What is needed:
Reproduce the opening lines of the records exactly, please, stopping after the line that contains "calls_for [] = 0".

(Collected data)
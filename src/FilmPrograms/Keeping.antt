-- ===== src/FilmPrograms/Keeping.antt =====
-- The loop of ADT/films.c: which films it keeps, and what it says of them.
use computer_science.Prelude.{
  ℕ, zero, suc, ◌+◌, ◌-◌, ◌<◌, ◌≡◌, ◌⊎◌, ◌∙◌, refl, sym, ap, arith, inl, inr, Bool, List, [], ◌∷◌,
  ◌++◌, append_assoc, append-nil, map, Option, none, some, ◌==◌, ==_iff, Bool-cases, length,
  length-append, Returns, Returns-bind,
}
use mathlib.Core.Path.{subst}
use computer_science.Prelude.Int.{ℤ}
use computer_science.Text.{Text, newline}
use computer_science.Text.Decimal.{show_int, IsInt}
use computer_science.Text.Decimal.Scanning.{scan_int-show_int}
use computer_science.FilmList.{Film, Heap, Allocator, null, list_is_full, add_item}
use computer_science.FilmList.Segments.{Distinct, Chain}
use computer_science.FilmList.Operations.{Added, add_item-Added}
use computer_science.FilmPrograms.{
  Line, ask_rating, next_title, now_full, problem, tsize, discard_line, s_gets, Gathered, added,
  store_film, gather_title, later, gather,
}
use computer_science.FilmPrograms.Reading.{
  first, typed, AllEntries, IsEnd, kept, s_gets-line, s_gets-nil, s_gets-newline, first-cons,
}

-- No other node is allocated.
abbrev pub Only : Heap → List ℕ → Type 0
Only h ps = (q : ℕ) → Distinct q ps → h q ≡ none

-- The prompts for the films that are kept, and what is said behind them
abbrev pub asked : List Film → List Line → List Line
asked [] end = end
asked (x ∷ xs) end = ask_rating ∷ next_title ∷ asked xs end

-- The number of calls of `malloc` that films take.
abbrev pub calls_for : List Film → ℕ
calls_for [] = 0
calls_for (x ∷ xs) = suc (suc (calls_for xs))

-- What the program says while it reads: either every film is kept, or `malloc` has returned NULL, when it
-- was called for the next film, or for the test behind the last one.
abbrev pub Told : (ℕ → Allocator) → Heap → (stored left : List Film) → List Line → Type 0
Told calls h stored left lines =
    ((left ≡ []) × (lines ≡ asked stored []))
    ⊎ (((calls (calls_for stored)).malloc h ≡ null)
        × (lines ≡ asked stored (ask_rating ∷ problem ∷ [])))
    ⊎ ((before : List Film) × (last : Film) × (stored ≡ before ++ last ∷ [])
        × ((calls (suc (calls_for before))).malloc h ≡ null)
        × (lines ≡ asked before (ask_rating ∷ now_full ∷ [])))

-- The result of the loop, from a list of the films `ys`: it keeps the first ones of `xs`.
abbrev pub Keeps : (ℕ → Allocator) → (ys xs : List Film) → Gathered → Type 0
Keeps calls ys xs (lines, movies, h) =
    (stored : List Film) × (left : List Film) × (ps : List ℕ) × (map kept xs ≡ stored ++ left)
    × Chain h movies ps (ys ++ stored)
    × Only h ps
    × Told calls h stored left lines

Told-next :
    (calls : ℕ → Allocator) (h : Heap) (x : Film) (stored left : List Film) (lines : List Line)
    → Told (later calls) h stored left lines
    → Told calls h (x ∷ stored) left (ask_rating ∷ next_title ∷ lines)
Told-next calls h x stored left lines (inl (e, l)) =
    inl (e, ap (λ (t : List Line). ask_rating ∷ next_title ∷ t) l)
Told-next calls h x stored left lines (inr (inl (full, l))) =
    inr (inl (full, ap (λ (t : List Line). ask_rating ∷ next_title ∷ t) l))
Told-next calls h x stored left lines (inr (inr (before, last, e, full, l))) = inr (
    inr
      (x ∷ before, last, ap (◌∷◌ x) e, full, ap (λ (t : List Line). ask_rating ∷ next_title ∷ t) l))

Keeps-next :
    (calls : ℕ → Allocator) (ys : List Film) (x : Film) (xs : List Film) (lines : List Line)
    (movies : ℕ) (h : Heap)
    → Keeps (later calls) (ys ++ kept x ∷ []) xs (lines, movies, h)
    → Keeps calls ys (x ∷ xs) (ask_rating ∷ next_title ∷ lines, movies, h)
Keeps-next calls ys x xs lines movies h (stored, left, ps, e, chain, only, told) = (
  kept x ∷ stored,
  left,
  ps,
  ap (◌∷◌ (kept x)) e,
  subst (λ (zs : List Film). Chain h movies ps zs) (append_assoc ys (kept x ∷ []) stored) chain,
  only,
  Told-next calls h (kept x) stored left lines told,
)

gather_title-some :
    (calls : ℕ → Allocator) (passes : ℕ) (again : Text → Option ℤ → ℕ → Heap → Option Gathered)
    (t input : Text) (rating : Option ℤ) (movies : ℕ) (h : Heap) (c : ℕ) (s : Text)
    → t ≡ c ∷ s
    → gather_title calls passes again (some t) input rating movies h
      ≡ store_film calls passes again t input rating movies h
unfolding gather_title
gather_title-some calls passes again t input rating movies h c s e =
    ap (λ (u : Text). gather_title calls passes again (some u) input rating movies h) e
    ∙ ap (λ (u : Text). store_film calls passes again u input rating movies h) (sym e)

Distinct-rotate : (q : ℕ) (ps : List ℕ) (r : ℕ) → Distinct q (ps ++ r ∷ []) → Distinct q (r ∷ ps)
Distinct-rotate q [] r d = d
Distinct-rotate q (p ∷ ps) r (ne, d) =
    let (away, rest) = Distinct-rotate q ps r d in (away, (ne, rest))

-- The next round, on a list with one more film.
abbrev Goes :
    (ℕ → Allocator)
    → (Text → Option ℤ → ℕ → Heap → Option Gathered)
    → (ys xs : List Film) → Film
    → ℕ
    → Text
    → Type 0
Goes calls again ys xs x size rest =
    (movies : ℕ) (ps : List ℕ) (h : Heap)
    → length ps ≡ size + 1
    → Chain h movies ps (ys ++ kept x ∷ [])
    → Only h ps
    → Returns (Keeps (later calls) (ys ++ kept x ∷ []) xs) (again rest (some x.rating) movies h)

last-kept :
    (calls : ℕ → Allocator) (ys xs : List Film) (x : Film) (movies : ℕ) (h : Heap) (ps : List ℕ)
    → Chain h movies ps (ys ++ kept x ∷ [])
    → Only h ps
    → (calls 1).malloc h ≡ null
    → Keeps calls ys (x ∷ xs) (ask_rating ∷ now_full ∷ [], movies, h)
last-kept calls ys xs x movies h ps chain only full =
    (kept x ∷ [], map kept xs, ps, refl, chain, only, inr (inr ([], kept x, refl, full, refl)))

none-kept :
    (calls : ℕ → Allocator) (ys xs : List Film) (x : Film) (movies : ℕ) (h : Heap) (ps : List ℕ)
    → Chain h movies ps ys
    → Only h ps
    → (calls 0).malloc h ≡ null
    → Keeps calls ys (x ∷ xs) (ask_rating ∷ problem ∷ [], movies, h)
none-kept calls ys xs x movies h ps chain only full = (
  [],
  kept x ∷ map kept xs,
  ps,
  refl,
  subst (λ (zs : List Film). Chain h movies ps zs) (sym (append-nil ys)) chain,
  only,
  inr (inl (full, refl)),
)

added-Keeps :
    (calls : ℕ → Allocator) (again : Text → Option ℤ → ℕ → Heap → Option Gathered)
    (ys xs : List Film) (x : Film) (rest : Text) (movies : ℕ) (h : Heap) (ps : List ℕ)
    → Chain h movies ps ys
    → Only h ps
    → Goes calls again ys xs x (length ps) rest
    → (r : Bool × ℕ × Heap) → Added (calls 0) (kept x) movies h ps ys r
    → Returns (Keeps calls ys (x ∷ xs)) (added (calls 1) again rest x.rating r)
unfolding added list_is_full
added-Keeps calls again ys xs x rest movies h ps chain only go (ok, movies2, h2)
      (inl (full, failed, same, unchanged)) =
    rw (failed, same, unchanged) (none-kept calls ys xs x movies h ps chain only full)
added-Keeps calls again ys xs x rest movies h ps chain only go (ok, movies2, h2)
      (inr (room, succeeded, chain2, frame)) =
    let ps2 = ps ++ (calls 0).malloc h ∷ [] in
    let only2 : Only h2 ps2 = λ q d.
      let (away, old) = Distinct-rotate q ps ((calls 0).malloc h) d in
      frame q (away, old) ∙ only q old in
    rw succeeded (elim (Bool-cases ((calls 1).malloc h2 == null)) [
      | inl full ↦
          rw full (last-kept calls ys xs x movies2 h2 ps2 chain2 only2 ((==_iff _ _).0 full))
      | inr more ↦ rw more (
          Returns-bind (Keeps (later calls) (ys ++ kept x ∷ []) xs) (Keeps calls ys (x ∷ xs))
            (again rest (some x.rating) movies2 h2) _
            (go movies2 ps2 h2 (length-append ps ((calls 0).malloc h ∷ [])) chain2 only2)
            λ (lines, movies3, h3) keeps. Keeps-next calls ys x xs lines movies3 h3 keeps)
    ])

store_film-Keeps :
    (calls : ℕ → Allocator) (passes : ℕ) (again : Text → Option ℤ → ℕ → Heap → Option Gathered)
    (ys xs : List Film) (x : Film) (rest : Text) (rating : Option ℤ) (movies : ℕ) (h : Heap)
    (ps : List ℕ)
    → IsInt x.rating
    → length ps < passes
    → Chain h movies ps ys
    → Only h ps
    → Goes calls again ys xs x (length ps) rest
    → Returns (Keeps calls ys (x ∷ xs)) (
        store_film calls passes again
          (first (tsize - 1) x.title)
          (show_int x.rating ++ newline ∷ rest)
          rating
          movies
          h)
unfolding store_film discard_line
store_film-Keeps calls passes again ys xs x rest rating movies h ps int lt chain only go =
    rw (scan_int-show_int x.rating newline rest int refl) (
      Returns-bind (Added (calls 0) (kept x) movies h ps ys) (Keeps calls ys (x ∷ xs))
        (add_item (calls 0) passes (kept x) movies h) (added (calls 1) again rest x.rating)
        (add_item-Added (calls 0) passes (kept x) movies h ps ys lt chain)
        (added-Keeps calls again ys xs x rest movies h ps chain only go))

all-kept :
    (calls : ℕ → Allocator) (ys : List Film) (movies : ℕ) (h : Heap) (ps : List ℕ)
    → Chain h movies ps ys
    → Only h ps
    → Keeps calls ys [] ([], movies, h)
all-kept calls ys movies h ps chain only = (
  [],
  [],
  ps,
  refl,
  subst (λ (zs : List Film). Chain h movies ps zs) (sym (append-nil ys)) chain,
  only,
  inl (refl, refl),
)

end-kept :
    (calls : ℕ → Allocator) (passes : ℕ) (again : Text → Option ℤ → ℕ → Heap → Option Gathered)
    (ys : List Film) (rest : Text) (rating : Option ℤ) (movies : ℕ) (h : Heap) (ps : List ℕ)
    → Chain h movies ps ys
    → Only h ps
    → Returns (Keeps calls ys []) (gather_title calls passes again none rest rating movies h)
      × Returns (Keeps calls ys []) (gather_title calls passes again (some []) rest rating movies h)
unfolding gather_title
end-kept calls passes again ys rest rating movies h ps chain only =
    (all-kept calls ys movies h ps chain only, all-kept calls ys movies h ps chain only)

-- The loop ends, from any list.
pub gather-Keeps :
    (calls : ℕ → Allocator) (passes fuel : ℕ) (ys xs : List Film) (end : Text) (rating : Option ℤ)
    (movies : ℕ) (h : Heap) (ps : List ℕ)
    → AllEntries xs
    → IsEnd end
    → length xs < fuel
    → length ps + length xs < passes
    → Chain h movies ps ys
    → Only h ps
    → Returns (Keeps calls ys xs) (gather calls passes fuel (typed xs end) rating movies h)
unfolding gather
gather-Keeps calls passes zero ys xs end rating movies h ps all is_end lt enough chain only =
    absurd (omega arith)
gather-Keeps calls passes (suc fuel) ys [] end rating movies h ps all (inl e) lt enough chain only =
    let read = ap (s_gets tsize) e ∙ s_gets-nil in
    rw read
      (end-kept calls passes (gather (later calls) passes fuel) ys [] rating movies h ps chain
        only).0
gather-Keeps calls passes (suc fuel) ys [] end rating movies h ps all (inr (rest, e)) lt enough
      chain only =
    let read = ap (s_gets tsize) e ∙ s_gets-newline rest in
    rw read
      (end-kept calls passes (gather (later calls) passes fuel) ys rest rating movies h ps chain
        only).1
gather-Keeps calls passes (suc fuel) ys (x ∷ xs) end rating movies h ps
      ((some_title, plain, int), all) is_end lt enough chain only =
    let (c, s, e) = first-cons x.title some_title in
    rw (s_gets-line x.title (show_int x.rating ++ newline ∷ typed xs end) some_title plain) (
      subst (Returns (Keeps calls ys (x ∷ xs)))
        (sym (
          gather_title-some calls passes (gather (later calls) passes fuel)
            (first (tsize - 1) x.title) (show_int x.rating ++ newline ∷ typed xs end) rating movies
            h c s e))
        (store_film-Keeps calls passes (gather (later calls) passes fuel) ys xs x (typed xs end)
          rating movies h ps int (omega arith) chain only
          (λ movies2 ps2 h2 size chain2 only2.
            gather-Keeps (later calls) passes fuel (ys ++ kept x ∷ []) xs end (some x.rating)
              movies2 h2 ps2 all is_end (omega arith) (omega (arith, size)) chain2 only2)))
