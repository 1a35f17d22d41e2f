-- ===== src/FilmPrograms/Listed.antt =====
-- ADT/films.c: what it shows of what is typed.
use computer_science.Prelude.{ℕ, suc, ◌%◌, ◌^◌, ◌≡◌, ◌⊎◌, List, [], ◌∷◌, ◌++◌, map, none, length}
use computer_science.Text.{Text}
use computer_science.FilmList.{Film, Heap, Allocator, null}
use computer_science.FilmPrograms.{
  Line, first_title, no_memory, no_data, header, movie, entered, bye,
}
use computer_science.FilmPrograms.Reading.{kept}
use computer_science.FilmPrograms.Keeping.{Told}

-- What is displayed
abbrev pub displayed : List Film → List Line
displayed [] = no_data ∷ []
displayed (x ∷ xs) = header ∷ map movie (x ∷ xs)

-- What the program prints, and the heap that it leaves: without memory at its start a message; and
-- otherwise the prompts, the films that are kept, and their number, with nothing left allocated.
abbrev pub Shown : (ℕ → Allocator) → Heap → List Film → List Line × Heap → Type 0
Shown calls h xs (lines, h2) =
    (((calls 0).malloc h ≡ null) × (lines ≡ no_memory ∷ []) × (h2 ≡ h))
    ⊎ ((stored : List Film) × (left : List Film) × (told : List Line) × (h1 : Heap) × (map kept xs
          ≡ stored ++ left)
        × Told (λ i. calls (suc i)) h1 stored left told
        × (lines
            ≡ first_title ∷ told ++ displayed stored ++ entered (length stored % 2 ^ 32) ∷ bye ∷ [])
        × ((q : ℕ) → h2 q ≡ none))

Output below:
filename src/FilmPrograms/Keeping.antt
-- ===== src/FilmPrograms/Keeping.antt =====
-- The loop of ADT/films.c: which films it keeps, and what it says of them.
use computer_science.Prelude.{
  ℕ, zero, suc, ◌+◌, ◌-◌, ◌<◌, ◌≡◌, ◌⊎◌, ◌∙◌, refl, sym, ap, arith, inl, inr, Bool, List, [], ◌∷◌,
  ◌++◌, append_assoc, append-nil, map, Option, none, some, ◌==◌, ==_iff, Bool-cases, length,
  length-append, Returns, Returns-bind,
}
use mathlib.Core.Path.{subst}
use computer_science.Prelude.Int.{ℤ}
use computer_science.Text.{Text, newline}
use computer_science.Text.Decimal.{show_int, IsInt}
use computer_science.Text.Decimal.Scanning.{scan_int-show_int}
use computer_science.FilmList.{Film, Heap, Allocator, null, list_is_full, add_item}
use computer_science.FilmList.Segments.{Distinct, Chain}
use computer_science.FilmList.Operations.{Added, add_item-Added}
use computer_science.FilmPrograms.{
  Line, ask_rating, next_title, now_full, problem, tsize, discard_line, s_gets, Gathered, added,
  store_film, gather_title, later, gather,
}
use computer_science.FilmPrograms.Reading.{
  first, typed, AllEntries, IsEnd, kept, s_gets-line, s_gets-nil, s_gets-newline, first-cons,
}

-- No other node is allocated.
abbrev pub Only : Heap → List ℕ → Type 0
Only h ps = (q : ℕ) → Distinct q ps → h q ≡ none

-- The prompts for the films that are kept, and what is said behind them
abbrev pub asked : List Film → List Line → List Line
asked [] end = end
asked (x ∷ xs) end = ask_rating ∷ next_title ∷ asked xs end

-- The number of calls of `malloc` that films take.
abbrev pub calls_for : List Film → ℕ
calls_for [] = 0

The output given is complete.